(Study material Opens)

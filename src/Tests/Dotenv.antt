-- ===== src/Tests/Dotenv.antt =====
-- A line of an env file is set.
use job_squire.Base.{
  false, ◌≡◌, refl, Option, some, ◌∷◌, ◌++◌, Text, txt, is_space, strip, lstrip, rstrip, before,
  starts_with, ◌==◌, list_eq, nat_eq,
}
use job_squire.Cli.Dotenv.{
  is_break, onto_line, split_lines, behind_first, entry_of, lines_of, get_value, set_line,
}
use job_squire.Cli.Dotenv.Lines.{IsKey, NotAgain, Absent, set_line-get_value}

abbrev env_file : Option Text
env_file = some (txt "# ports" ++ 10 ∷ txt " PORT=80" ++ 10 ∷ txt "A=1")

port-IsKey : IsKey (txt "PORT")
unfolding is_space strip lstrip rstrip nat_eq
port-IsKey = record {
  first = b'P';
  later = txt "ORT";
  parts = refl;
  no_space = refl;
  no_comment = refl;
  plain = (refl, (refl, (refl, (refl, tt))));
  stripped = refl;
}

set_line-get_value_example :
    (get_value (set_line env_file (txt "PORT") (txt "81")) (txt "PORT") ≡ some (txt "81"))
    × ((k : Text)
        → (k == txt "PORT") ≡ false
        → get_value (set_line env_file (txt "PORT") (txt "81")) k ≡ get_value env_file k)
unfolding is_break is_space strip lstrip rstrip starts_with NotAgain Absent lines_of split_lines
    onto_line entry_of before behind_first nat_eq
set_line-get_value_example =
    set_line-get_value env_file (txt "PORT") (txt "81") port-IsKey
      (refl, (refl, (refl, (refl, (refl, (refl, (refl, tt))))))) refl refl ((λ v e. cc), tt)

(Study material Closes)

• Exercise aim: Your answer must be the full set of entries, copied exactly.

• Result for this task:
filename src/Tests/Dotenv.antt
-- ===== src/Tests/Dotenv.antt =====
-- A line of an env file is set.
use job_squire.Base.{
  false, ◌≡◌, refl, Option, some, ◌∷◌, ◌++◌, Text, txt, is_space, strip, lstrip, rstrip, before,
  starts_with, ◌==◌, list_eq, nat_eq,
}
use job_squire.Cli.Dotenv.{
  is_break, onto_line, split_lines, behind_first, entry_of, lines_of, get_value, set_line,
}
use job_squire.Cli.Dotenv.Lines.{IsKey, NotAgain, Absent, set_line-get_value}

abbrev env_file : Option Text
env_file = some (txt "# ports" ++ 10 ∷ txt " PORT=80" ++ 10 ∷ txt "A=1")

port-IsKey : IsKey (txt "PORT")
unfolding is_space strip lstrip rstrip nat_eq
port-IsKey = record {
  first = b'P';
  later = txt "ORT";
  parts = refl;
  no_space = refl;
  no_comment = refl;
  plain = (refl, (refl, (refl, (refl, tt))));
  stripped = refl;
}

set_line-get_value_example :
    (get_value (set_line env_file (txt "PORT") (txt "81")) (txt "PORT") ≡ some (txt "81"))
    × ((k : Text)
        → (k == txt "PORT") ≡ false
        → get_value (set_line env_file (txt "PORT") (txt "81")) k ≡ get_value env_file k)
unfolding is_break is_space strip lstrip rstrip starts_with NotAgain Absent lines_of split_lines
    onto_line entry_of before behind_first nat_eq
set_line-get_value_example =
    set_line-get_value env_file (txt "PORT") (txt "81") port-IsKey
      (refl, (refl, (refl, (refl, (refl, (refl, (refl, tt))))))) refl refl ((λ v e. cc), tt)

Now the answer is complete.